By Jian-Cheng Ku & Rhys Bane, DLA Piper Nederland N.V., Amsterdam
The Netherlands government, on June 22, announced new policies regarding the mutual agreement procedures (MAPs) and arbitration procedures in its tax treaties. Both provisions provide mechanisms for resolving cross border tax disputes.
The new MAP decree replaces the MAP decree that has been in place in the Netherlands for 12 years. Since then, the mutual agreement procedure has been updated to follow OECD’s BEPS Action 14. Many Dutch bilateral tax treaties, as well as the EU Dispute Resolution Directive, also now provide for an arbitration procedure if the MAP does not result in the resolution of a tax dispute.
Changes since previous decree
Among the most important changes announced by the Netherlands government, is the inclusion of the procedure under the Tax Arbitration Act, which is the Dutch implementation of the EU Dispute Resolution Directive and several approvals by the Netherlands government on corresponding adjustments outside of the statute of limitations and the situation where mutual agreement cannot be reached due to judicial proceedings abroad.
In addition, the new policy includes a description of how the Netherlands competent authorities will deal with the mutual agreement procedure in triangular cases.
It also confirms that the criteria for requesting a bilateral or multilateral advance pricing agreement (APA) are the same as requesting a unilateral APA.
Mutual agreement procedure
According to the new policy, the mutual agreement procedure can be initiated under the Tax Arbitration Act, a bilateral tax treaty, or the EU Arbitration Convention.
The Tax Arbitration Act and the EU Arbitration Convention only apply in relation to EU Member States, whereas the Netherlands has bilateral tax treaties with approximately 90 jurisdictions, all of which contain a provision allowing for the initiation of the mutual agreement procedure.
The Tax Arbitration Act and bilateral tax treaties generally allow for a MAP regarding the interpretation of tax treaties (in a specific case) or transfer pricing disputes. The EU Arbitration Convention only applies to transfer pricing disputes.
The exact timing and deadlines with respect to the mutual agreement procedure under bilateral tax treaties differ, whereas the Tax Arbitration Act and the EU Arbitration Convention have a standardized process for the mutual agreement procedure.
If the mutual agreement procedure under the Tax Arbitration Act ends due to a judicial ruling in another State, the Netherlands may provide unilateral relief (even after the time limit has lapsed).
The Netherlands competent authority may, under certain conditions, grant discretionary relief outside the time limit of 5 years if a mutual agreement is reached.

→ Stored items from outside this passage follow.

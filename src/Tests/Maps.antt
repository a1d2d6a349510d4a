-- ===== src/Tests/Maps.antt =====
-- The map of two projects: one in JavaScript with Python requirements, and one with tests and no
-- dependencies.
use pullsmith.Common.{
  ◌≡◌, refl, ◌↔◌, ◌++◌, inr, String, true, false, none, some, List, [], ◌∷◌, is_in, contains_text,
}
use pullsmith.Tools.{execute, success}
use pullsmith.Testing.Parse.{parse_test_output}
use pullsmith.Testing.Honest.{IsSuiteRun}
use pullsmith.Repair.{Attempt, has_passed}
use pullsmith.Repair.Rounds.{implement_and_repair}
use pullsmith.Repair.Evident.{implement_and_repair-Evidence}
use pullsmith.Tests.Agent.{reading}
use pullsmith.Tests.Suites.{always, green_result}
use pullsmith.Tests.Repairs.{provider, plan, desk, repair_result}
use pullsmith.RepoMap.{RepositoryMap}
use pullsmith.RepoMap.Known.{PackageJson, Root, no_pyproject}
use pullsmith.RepoMap.Build.{ScannedFile, build}
use pullsmith.RepoMap.Evidence.{Evidence}
use pullsmith.RepoMap.Shown.{test_command-Evidence}

abbrev scripted : PackageJson
scripted = record {
  has_fields = true;
  dependencies = "react" ∷ [];
  dev_dependencies = "vite" ∷ "react" ∷ [];
  scripts = "test" ∷ "build" ∷ [];
}

abbrev mixed : Root
mixed = record {
  is_file = is_in ("package.json" ∷ "requirements.txt" ∷ "main.py" ∷ []);
  is_directory = λ path. false;
  text_at = λ path. "pytest==8";
  load_json = λ text. some scripted;
  load_toml = λ text. none;
}

abbrev bare : Root
bare = record {
  is_file = is_in ("pyproject.toml" ∷ "pytest.ini" ∷ []);
  is_directory = is_in ("tests" ∷ []);
  text_at = λ path. "";
  load_json = λ text. none;
  load_toml = λ text. some no_pyproject;
}

abbrev files : List ScannedFile
files =
    record { relative_path = "main.py"; language = some "python"; is_test = false }
    ∷ record { relative_path = "src/a.ts"; language = some "typescript"; is_test = false }
    ∷ record { relative_path = "src/b.ts"; language = some "typescript"; is_test = false }
    ∷ record { relative_path = "tests/a.py"; language = some "python"; is_test = true }
    ∷ record { relative_path = "README.md"; language = none; is_test = false }
    ∷ []

abbrev map_of : Root → RepositoryMap
map_of root = build root files

-- The command of one language and the framework of the other.
npm_with_pytest :
    (map_of mixed).test_command ≡ some "npm test"
    × (map_of mixed).test_framework ≡ some "pytest"
    × (map_of mixed).frameworks ≡ "React" ∷ "Vite" ∷ []
unfolding build is_in
npm_with_pytest = (refl, refl, refl)

-- Two languages with two files each: the one that was seen first.
languages_of :
    (map_of mixed).languages ≡ ("python", 2) ∷ ("typescript", 2) ∷ []
    × (map_of mixed).primary_language ≡ some "python"
    × (map_of mixed).test_paths ≡ "tests" ∷ []
unfolding build
languages_of = (refl, refl, refl)

-- Neither pytest.ini nor the directory of tests is looked at.
tests_missed : (map_of bare).test_command ≡ none
unfolding build is_in
tests_missed = refl

test_command-Evidence_example :
    ((c : String) → (map_of mixed).test_command ≡ some c → Evidence mixed c)
    × ((map_of mixed).test_command ≡ none ↔ ((c : String) → ¬ (Evidence mixed c)))
test_command-Evidence_example = test_command-Evidence mixed files

abbrev tested : Root
tested = record mixed { is_file = is_in ("requirements.txt" ∷ []) }

-- The first attempt passes.
green_at_once :
    implement_and_repair provider
      (reading ∷ [])
      (always green_result)
      (map_of tested)
      plan
      none
      5
      none
      []
      desk
    ≡ (
      inr repair_result,
      (implement_and_repair provider
          (reading ∷ [])
          (always green_result)
          (map_of tested)
          plan
          none
          5
          none
          []
          desk).1,
    )
unfolding implement_and_repair build execute success parse_test_output is_in contains_text
green_at_once = refl

implement_and_repair-Evidence_example :
    (earlier : List Attempt) × (last : Attempt) × (repair_result.attempts ≡ earlier ++ last ∷ [])
    × (has_passed last ≡ true)
    × ((run : IsSuiteRun (always green_result) (map_of tested) last.test_outcomes) × Evidence tested
          run.command)
implement_and_repair-Evidence_example =
    implement_and_repair-Evidence provider (reading ∷ []) (always green_result) tested files plan
      none 5 none [] desk green_at_once refl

The Netherlands competent authority also handles requests for bilateral and multilateral advance pricing agreements. The same information required for a unilateral advance pricing agreement has to be provided by the taxpayer. In addition, the same prerequisites that apply for obtaining a unilateral advance pricing agreement also apply to the bilateral and multilateral advance pricing agreements.
Arbitration
The mutual agreement procedure is an obligation to use best endeavors and not an obligation to achieve a specific result. This means that the mutual agreement procedure may not result in a definitive outcome for the taxpayer.
Under the Tax Arbitration Act, bilateral tax treaties that contain an arbitration provision, and the EU Arbitration Convention, an arbitration procedure can be started at the initiative of the taxpayer if the mutual agreement procedure does not result in the (full) resolution of the dispute and the required time period (generally two or three years) has expired. The Tax Arbitration Act and the EU Arbitration Convention have mandatory and binding arbitration. Many Netherlands bilateral tax treaties also contain mandatory and binding arbitration. However, some bilateral tax treaties still contain provisions that only allow for the arbitration procedure to be initiated if one or both of the competent authorities agree.
The Tax Arbitration Act and the EU Arbitration Convention generally contain more detailed procedural rules than bilateral tax treaties.
Our observations
From a taxpayer’s perspective, it is generally preferable to initiate a mutual agreement procedure under the Tax Arbitration Act if there is a dispute with an EU Member State, as the Tax Arbitration Act contains the most procedural safeguards and allows for access to mandatory and binding arbitration.
The Netherlands takes protecting taxpayer’s rights in international tax law seriously, not taking into account the Tax Arbitration Act, all Netherlands’ tax treaties allow for a mutual agreement procedure.
After the Multilateral Convention to Implement Tax Treaty Related Measures to Prevent Base Erosion and Profit Shifting (MLI) takes effect with respect to all other jurisdictions, over 40 Netherlands tax treaties will be modified.